Maryland CIO wants the ‘less sexy’ user experience work

Acting Maryland IT Secretary Katie Savage said she wants to get out of the "sexy space" of user design and focus on back-end components.
adobe forum
Acting Maryland IT Secretary Katie Savage and Oklahoma Secretary of Human Services Justin Brown speak with former U.S. Chief Information Officer Suzette Kent at the Adobe Government Forum on May 9 in Washington. (Pixelme Studio)

When it comes to improving digital services’ user experience, Maryland’s top IT official said Tuesday she wants to make the emphasis on front-end customer interaction less exclusive, and improve the back ends used by government workers.

“When we talk about UX, we’re really focused on the front end, like the application layer,” Katie Savage, the state’s acting IT secretary, said at the Adobe Government Forum in Washington. “I really want to get us to a space where we’re providing the core services for the agencies, we don’t need to own all the different applications across 20 different agencies.”

Rather, Savage said, she wants her agency to prioritize the “transport layer” that other departments’ digital services depend on — strong network architecture, cybersecurity protocols like end-point detection and solid contracts with vendors.

“I want to get out of the sexy space and focus on infrastructure and bare bones,” she said.


Savage, a former Pentagon official whom Gov. Wes Moore nominated in January to be Maryland’s IT secretary and chief information officer, spoke alongside Oklahoma Secretary of Human Services Justin Brown.

Brown said that his agency, which runs Oklahoma’s Medicaid and other social-benefit programs, has placed an emphasis on human-oriented design, which he said has been beneficial to recipients and case managers alike.

“If you’re a case manager, you’ve been exposed to this concept known as a persona, and you can engage with someone walking into your county office,” he said.
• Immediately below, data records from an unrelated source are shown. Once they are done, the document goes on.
-- ===== src/Envelope/Search.antt =====
-- Where `find` stops in a text that is put together from parts.
use mutsumi_s_sync.Common.{ℕ, suc, ◌+◌, ◌-◌, ◌≡◌, refl, ap, ◌∙◌, true, false, inl, inr, ◌||◌}
use mutsumi_s_sync.Common.{[], ◌∷◌, ◌++◌, some, arith, Bool-cases, Option-cases, All, ◌==◌}
use mutsumi_s_sync.Common.{
  Text, starts_with, find, find_from, contains, slice, length, drop, drop-at, take-at,
  length-append, append_assoc,
}

pub starts_with-append : (m t : Text) → starts_with (m ++ t) m ≡ true
unfolding starts_with
starts_with-append [] t = refl
starts_with-append (c ∷ m) t = ground (arith, starts_with-append m t)

-- A prefix test that passes shows the prefix.
pub starts_with_sound : (t m : Text) → starts_with t m ≡ true → t ≡ m ++ drop (length m) t
unfolding starts_with
starts_with_sound t [] h = refl
starts_with_sound [] (c ∷ m) h = cc
starts_with_sound (x ∷ t) (c ∷ m) h = ground (arith, starts_with_sound t m)

abbrev pub Lacks : ℕ → Text → Type 0
Lacks c m = All (λ x. (x == c) ≡ false) m

-- A marker without the character `c` does not run across one.
pub starts_with-separated :
    (s m t : Text) (c : ℕ) → Lacks c m → starts_with (s ++ c ∷ t) m ≡ true → starts_with s m ≡ true
unfolding starts_with
starts_with-separated s [] t c l h = refl
starts_with-separated [] (x ∷ m) t c l h = ground arith
starts_with-separated (y ∷ s) (x ∷ m) t c l h = ground (arith, starts_with-separated s m t c l.1)

pub find-hit : (m t : Text) (c : ℕ) → find (c ∷ m) (c ∷ m ++ t) ≡ some 0
unfolding find
find-hit m t c = rw (starts_with-append (c ∷ m) t)

pub contains-cons :
    (m t : Text) (c : ℕ) → contains m (c ∷ t) ≡ (starts_with (c ∷ t) m || contains m t)
unfolding contains find
contains-cons m t c = ground arith

pub find-miss :
    (m t : Text) (c i : ℕ)
    → starts_with (c ∷ t) m ≡ false
    → find m t ≡ some i
    → find m (c ∷ t) ≡ some (suc i)
unfolding find
find-miss m t c i h k = rw (h, k)

starts_with-inner :
    (s m t : Text) (x y : ℕ)
    → Lacks x m
    → starts_with (y ∷ s ++ (x ∷ m ++ t)) (x ∷ m) ≡ true
    → starts_with (y ∷ s) (x ∷ m) ≡ true
unfolding starts_with
starts_with-inner s m t x y l h = ground (arith, starts_with-separated s m (m ++ t) x l)

-- A marker whose first character does not come again is found first where it was put.
pub find-append :
    (s m t : Text) (x : ℕ)
    → Lacks x m
    → contains (x ∷ m) s ≡ false
    → find (x ∷ m) (s ++ (x ∷ m ++ t)) ≡ some (length s)
find-append [] m t x l h = find-hit m t x
find-append (y ∷ s) m t x l h =
    let rest = s ++ (x ∷ m ++ t) in
    elim (Bool-cases (starts_with (y ∷ rest) (x ∷ m))) [
      | inl e ↦ ground (arith, contains-cons (x ∷ m) s y, starts_with-inner s m t x y l e)
      | inr e ↦
          find-miss (x ∷ m) rest y (length s) e
            (find-append s m t x l (ground (arith, contains-cons (x ∷ m) s y)))
    ]

-- What `find` has found: the first occurrence.
pub record FoundAt (m t : Text) (i : ℕ) : Type 0 where
  pub before : Text
  pub after : Text
  pub split : t ≡ before ++ (m ++ after)
  pub first : contains m before ≡ false
  pub index : i ≡ length before

pub starts_with-prefix : (s m t : Text) → starts_with s m ≡ true → starts_with (s ++ t) m ≡ true
unfolding starts_with
starts_with-prefix s [] t h = refl
starts_with-prefix [] (x ∷ m) t h = cc
starts_with-prefix (y ∷ s) (x ∷ m) t h = ground (arith, starts_with-prefix s m t)

FoundAt-suc :
    (x : ℕ) (m t : Text) (c i j : ℕ)
    → i ≡ suc j
    → starts_with (c ∷ t) (x ∷ m) ≡ false
    → FoundAt (x ∷ m) t j
    → FoundAt (x ∷ m) (c ∷ t) i
FoundAt-suc x m t c i j e h f = record {
  before = c ∷ f.before;
  after = f.after;
  split = ap (λ l. c ∷ l) f.split;
  first = ground (
    arith,
    contains-cons (x ∷ m) f.before c,
    starts_with-prefix (c ∷ f.before) (x ∷ m) (x ∷ m ++ f.after),
    f.split,
    h,
    f.first,
  );
  index = e ∙ ap suc f.index;
}

pub find-FoundAt : (x : ℕ) (m t : Text) (i : ℕ) → find (x ∷ m) t ≡ some i → FoundAt (x ∷ m) t i
unfolding find
find-FoundAt x m [] i h = cc
find-FoundAt x m (c ∷ t) i h = elim (Bool-cases (starts_with (c ∷ t) (x ∷ m))) [
  | inl e ↦ record {
    before = [];
    after = drop (length (x ∷ m)) (c ∷ t);
    split = starts_with_sound (c ∷ t) (x ∷ m) e;
    first = unfold contains in refl;
    index = ground arith;
  }
  | inr e ↦ elim (Option-cases (find (x ∷ m) t)) [
    | inl n ↦ absurd (ground arith)
    | inr (j, k) ↦ FoundAt-suc x m t c i j (ground arith) e (find-FoundAt x m t j k)
  ]
]

-- `text[n:m]` where `b` stands
pub slice-at :
    (a b c : Text) (n m : ℕ)
    → n ≡ length a
    → m ≡ length a + length b
    → slice (a ++ (b ++ c)) n m ≡ b
unfolding slice
slice-at a b c n m e f = rw (drop-at a (b ++ c) n e) (take-at b c (m - n) (omega arith))

pub drop-at_behind :
    (a b c d : Text) (n : ℕ)
    → n ≡ length a + length b + length c
    → drop n (a ++ (b ++ (c ++ d))) ≡ d
drop-at_behind a b c d n e =
    let n-eq : n ≡ length (a ++ (b ++ c)) =
      omega (arith, length-append a (b ++ c), length-append b c) in
    simp append_assoc at (drop-at (a ++ (b ++ c)) d n n-eq)

-- A search that begins behind `a`.
pub find_from-at :
    (m a b : Text) (n i : ℕ)
    → n ≡ length a
    → find m b ≡ some i
    → find_from m (a ++ b) n ≡ some (n + i)
unfolding find_from
find_from-at m a b n i e h = rw (drop-at a b n e, h, find_from)

-- A blank behind the text brings no occurrence.
pub contains-snoc :
    (s m : Text) (c : ℕ) (x : ℕ)
    → Lacks c (x ∷ m)
    → contains (x ∷ m) s ≡ false
    → contains (x ∷ m) (s ++ c ∷ []) ≡ false
contains-snoc [] m c x l h = unfold contains find starts_with in ground arith
contains-snoc (y ∷ s) m c x l h = ground (
  arith,
  contains-cons (x ∷ m) s y,
  contains-cons (x ∷ m) (s ++ c ∷ []) y,
  starts_with-separated (y ∷ s) (x ∷ m) [] c l,
  contains-snoc s m c x l,
)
Brown said roughly one-third of Oklahomans interact with his department annually. That burden, he said, prompted creation of 35 “guiding principles” across the Oklahoma Department of Human Services’ seven divisions. One of them, he said, is “building a world-class customer experience, illustrating the value that we place in the people that we serve, and the workforce.”

“What that means is building trust, and it’s all about removing friction to access our resources,” Brown said.


Savage said she’s also looking to put users at the center of application design as Maryland DoIT works with other state agencies.

“I think about being able to put in user centered design, first and foremost,” she said. “Think about what is the equivalent of that for Maryland? What are those really critical situations where someone needs a benefit? They need resources. And I think we have an incredible opportunity … to take in-house the less sexy part of it.”